# Pre ground for Classic



## 4085 (Nov 23, 2012)

Hi, I am trying to help a newbie out. he is getting a second hand Classic but has no other equipment yet, apart from a tamper. Is there any supermarket stuff he can buy ground, which will suit the Classic as from memory, it takes quite a fine grind?


----------



## funinacup (Aug 30, 2010)

Is it someone you know? Could you grind it for them and chuck it in a resealable bag? This will be much fresher and tastier than supermarket guff!


----------



## 4085 (Nov 23, 2012)

It is a chap miles away from me. He has never had a machine before and is enthusiastic but no knowledge. I thought if he found a local place he could get them to grind until he buys a grinder. This was just a stop gap measure


----------



## MWJB (Feb 28, 2012)

funinacup said:


> Is it someone you know? Could you grind it for them and chuck it in a resealable bag? This will be much fresher and tastier than supermarket guff!

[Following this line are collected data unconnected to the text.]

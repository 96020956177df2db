-- ===== src/Scheduler/Work.antt =====
-- One run of a job (src/scheduler.ts): the attempts at its handler, until one succeeds, is skipped or
-- fails for the last time, and what is recorded of them. What a handler does, and what the rest of the
-- program does to the state meanwhile, are arguments: an attempt says how it ended.
pub mod Ending
pub mod Flags
pub mod Rounds
pub mod Laws
pub mod Recorded
mod Tests
use bfrost.Prelude.{
  ℕ, zero, suc, ◌+◌, ◌/◌, String, Bool, true, false, ◌||◌, Option, none, some, List, [], ◌∷◌, ◌++◌,
  includes, get_or_else, lookup, insert, is_some, some_truthy, ltb, leb, decimal, concat_texts,
  text_includes, if◌then◌else◌, keep, not, str_eq,
}
use bfrost.Platform.{Platform}
use bfrost.Runs.{
  RunTrigger, AttemptStatus, FinishStatus, FinishInput, RunAttempt, record_scheduler_run_attempt,
}
use bfrost.Scheduler.Windows.{RetryPolicy, retry_delay_ms}
use bfrost.Scheduler.Runtime.{
  JobRuntime, SchedulerState, Job, LastStatus, no_runtime, build_job_state, set_runtime,
  persist_runtime, record_event, job_event, finish_scheduler_run_safe, begin_job,
}

-- How the race of a handler and its deadline ends.
pub data Outcome : Type 0 where
  returned : String → Option ℕ → Outcome
  threw : String → Outcome
  timed_out : Outcome

pub record Attempt : Type 0 where
  pub started_at : String
  pub finished_at : String
  pub outcome : Outcome
  pub jitter : ℕ → ℕ
  pub meanwhile : SchedulerState → SchedulerState

-- The places where the source waits once an attempt has ended, with the attempt's number.
pub data Wait : Type 0 where
  storing_attempt announcing_retry delaying announcing_end storing_end : ℕ → Wait
  storing_states : Wait

-- What `runJobWork` is called with, what it reads of the configuration, and what the rest of the program
-- does to the state at each of these places.
pub record Work : Type 0 where
  pub known : List String
  pub platform : Platform
  pub job : Job
  pub trigger : RunTrigger
  pub started_at : String
  pub run_id : Option String
  pub retry_policy : RetryPolicy
  pub job_timeout_ms : ℕ
  pub notify_on_completion : Bool
  pub while_waiting : Wait → SchedulerState → SchedulerState

-- `JobTimeoutError`.
pub timeout_message : Work → String
timeout_message w = concat_texts (
    w.job.label
    ∷ " exceeded its "
    ∷ decimal ((w.job_timeout_ms + 500) / 1000)
    ∷ "s time budget and was abandoned by the scheduler."
    ∷ [])

-- `abandonedJobRuns.add(name)`, a set.
pub abandon_job : String → SchedulerState → SchedulerState
abandon_job name st =
    if includes st.abandoned_job_runs name
    then st
    else record st { abandoned_job_runs = st.abandoned_job_runs ++ name ∷ [] }

-- `forget`, once the handler has settled.
unfoldable pub forget_job : String → SchedulerState → SchedulerState
forget_job name st = record st {
  abandoned_job_runs = keep (λ job. not (str_eq job name)) st.abandoned_job_runs;
}

pub record_scheduler_run_attempt_safe : Work → RunAttempt → SchedulerState → SchedulerState
record_scheduler_run_attempt_safe w attempt st = elim w.run_id [
  | none ↦ st
  | some id ↦ record st { runs = (record_scheduler_run_attempt w.platform st.runs id attempt).1 }
]

-- The state of the job once its run has ended.
pub ended_runtime :
    Work → String → LastStatus → Option String → Option String → SchedulerState → JobRuntime
unfolding build_job_state
ended_runtime w finished_at status summary error st = record (build_job_state w.job.name st) {
  running = false;
  last_started_at = some w.started_at;
  last_finished_at = some finished_at;
  last_status = status;
  last_summary = summary;
  last_error = error;
  last_trigger = some w.trigger;
}

pub succeeded_attempt : ℕ → Attempt → String → Option ℕ → RunAttempt
succeeded_attempt number a summary item_count = record {
  attempt = number;
  started_at = a.started_at;
  finished_at = a.finished_at;
  status = AttemptStatus.success;
  summary = some summary;
  error = none;
  item_count = item_count;
  next_delay_ms = none;
}

abbrev pub success_input : Attempt → String → Option ℕ → FinishInput
success_input a summary item_count = record {
  finished_at = a.finished_at;
  status = FinishStatus.success;
  summary = some summary;
  error = none;
  item_count = item_count;
  skip_reason = none;
}

pub succeed : Work → ℕ → Attempt → String → Option ℕ → SchedulerState → SchedulerState
unfolding record_scheduler_run_attempt_safe succeeded_attempt ended_runtime
    finish_scheduler_run_safe
succeed w number a summary item_count st =
    let recorded =
      w.while_waiting (storing_attempt number)
        (record_scheduler_run_attempt_safe w (succeeded_attempt number a summary item_count) st) in
    let ended = ended_runtime w a.finished_at LastStatus.success (some summary) none recorded in
    let announced = w.while_waiting (announcing_end number) (
      record_event
        (job_event w.job "succeeded" none (w.job.label ∷ " completed successfully." ∷ []))
        (set_runtime w.job.name ended recorded)) in
    w.while_waiting (storing_end number)
      (finish_scheduler_run_safe w.platform w.run_id (success_input a summary item_count) announced)

pub failed_attempt : ℕ → Attempt → Bool → String → Option ℕ → RunAttempt
failed_attempt number a skipped message next_delay_ms = record {
  attempt = number;
  started_at = a.started_at;
  finished_at = a.finished_at;
  status = if skipped then AttemptStatus.skipped else AttemptStatus.error;
  summary = none;
  error = some message;
  item_count = none;
  next_delay_ms = next_delay_ms;
}

pub retry_later : Work → ℕ → Attempt → String → SchedulerState → SchedulerState
unfolding record_scheduler_run_attempt_safe failed_attempt retry_delay_ms
retry_later w number a message st =
    let next_delay_ms = retry_delay_ms number w.retry_policy a.jitter in
    let announced =
      record_event
        (job_event w.job "retrying" (some "warning") (
          w.job.label
          ∷ " failed on attempt "
          ∷ decimal number
          ∷ "; retrying in "
          ∷ decimal ((next_delay_ms + 500) / 1000)
          ∷ "s."
          ∷ []))
        (w.while_waiting (storing_attempt number) (
          record_scheduler_run_attempt_safe w
            (failed_attempt number a false message (some next_delay_ms)) st)) in
    w.while_waiting (delaying number) (w.while_waiting (announcing_retry number) announced)

abbrev pub failure_input : Attempt → Bool → String → FinishInput
failure_input a skipped message = record {
  finished_at = a.finished_at;
  status = if skipped then FinishStatus.skipped else FinishStatus.error;
  summary = none;
  error = some message;
  item_count = none;
  skip_reason = none;
}

pub fail : Work → ℕ → Attempt → Bool → String → SchedulerState → SchedulerState
unfolding record_scheduler_run_attempt_safe failed_attempt ended_runtime finish_scheduler_run_safe
fail w number a skipped message st =
    let recorded =
      w.while_waiting (storing_attempt number)
        (record_scheduler_run_attempt_safe w (failed_attempt number a skipped message none) st) in
    let ended =
      ended_runtime w a.finished_at (if skipped then LastStatus.skipped else LastStatus.error) none
        (some message) recorded in
    let announced = w.while_waiting (announcing_end number) (
      record_event
        (job_event w.job (if skipped then "skipped" else "failed")
          (some (if skipped then "warning" else "error"))
          (w.job.label ∷ " " ∷ (if skipped then "was skipped" else "failed") ∷ "." ∷ []))
        (set_runtime w.job.name ended recorded)) in
    w.while_waiting (storing_end number)
      (finish_scheduler_run_safe w.platform w.run_id (failure_input a skipped message) announced)

pub is_lock_failure : String → Bool
is_lock_failure message = text_includes message "Could not acquire queue lock"

-- The loop from one attempt on, with the rounds that are left: is a tick kicked, and the state.
pub run_attempts : Work → (ℕ → Attempt) → ℕ → ℕ → SchedulerState → Bool × SchedulerState
unfolding timeout_message abandon_job succeed is_lock_failure retry_later fail
run_attempts w attempt_at zero number st = (false, st)
run_attempts w attempt_at (suc rounds) number st =
    let a = attempt_at number in
    let settled = a.meanwhile st in
    let rest = λ (message : String).
      run_attempts w attempt_at rounds (suc number) (retry_later w number a message settled) in
    elim a.outcome [
      | returned summary item_count ↦
          (ltb 0 (get_or_else item_count 0), succeed w number a summary item_count settled)
      | threw message ↦
          if is_lock_failure message
          then (false, fail w number a true message settled)
          else if leb (w.retry_policy.max_retries + 1) number
          then (false, fail w number a false message settled)
          else rest message
      | timed_out ↦ (
        false,
        fail w number a (is_lock_failure (timeout_message w)) (timeout_message w)
            (abandon_job w.job.name settled),
      )
    ]

-- What the run leaves: is a tick kicked, the text for the operator's channels, and the state.
pub record WorkEnd : Type 0 where
  pub kick : Bool
  pub notice : Option String
  pub state : SchedulerState

pub status_text : LastStatus → String
status_text LastStatus.idle = "idle"
status_text LastStatus.success = "success"
status_text LastStatus.error = "error"
status_text LastStatus.skipped = "skipped"

is_success : LastStatus → Bool
is_success LastStatus.success = true
is_success _ = false

-- `finalState?.lastStatus ?? 'finished'` where there is a final state or none.
pub completion_text : Job → Option JobRuntime → String
unfolding is_success status_text
completion_text job none = concat_texts (job.label ∷ " finished: no output" ∷ [])
completion_text job (some final) =
    if is_success final.last_status
    then if some_truthy final.last_summary
      then get_or_else final.last_summary ""
      else concat_texts (job.label ∷ " success: " ∷ get_or_else final.last_error "no output" ∷ [])
    else concat_texts (
        job.label
        ∷ " "
        ∷ status_text final.last_status
        ∷ ": "
        ∷ get_or_else final.last_error "no output"
        ∷ [])

-- Afterwards the source schedules a pending bus wake of the job.
pub run_job_work : Work → (ℕ → Attempt) → SchedulerState → WorkEnd
unfolding run_attempts completion_text persist_runtime
run_job_work w attempt_at st =
    let (kick, ended) = run_attempts w attempt_at (w.retry_policy.max_retries + 1) 1 st in
    let stored = w.while_waiting storing_states (persist_runtime w.known ended) in
    record {
      kick = kick;
      notice =
          if w.notify_on_completion
          then some (completion_text w.job (lookup w.job.name stored.runtime_cache))
          else none;
      state = stored;
    }

pub execute_queued_job : Work → (ℕ → Attempt) → SchedulerState → WorkEnd
unfolding begin_job run_job_work
execute_queued_job w attempt_at st =
    run_job_work w attempt_at
      (begin_job w.known w.platform w.job w.trigger w.started_at w.run_id st)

Will that keep better than preserved pre-ground from Lavazza or Illy?

Lavazza Oro is OK when freshly opened...acceptable for a couple of days.

Ntitrogen flushed Coffeesense pods from ww.thecoffepod.co.uk ? Next day delivery to home/work etc.


----------



## Nimble Motionists (Oct 22, 2012)

Hasbean offer pre-ground for espresso. Otherwise a hand grinder would be way better than pre-ground and a great short-term solution.


----------



## 4085 (Nov 23, 2012)

Sorry, to recap, he has a Classic coming tomorrow and simply wants to use it until he can find a grinder. So, whatever we do is just short term. My question was, of the pre gorund coffess readily available through supermarkets, which one will suit a Classic as fro memory, they need quite a fine grind!


----------



## Glenn (Jun 14, 2008)

If he keeps the pressurised portafilter in place he can use pretty much any pre-ground.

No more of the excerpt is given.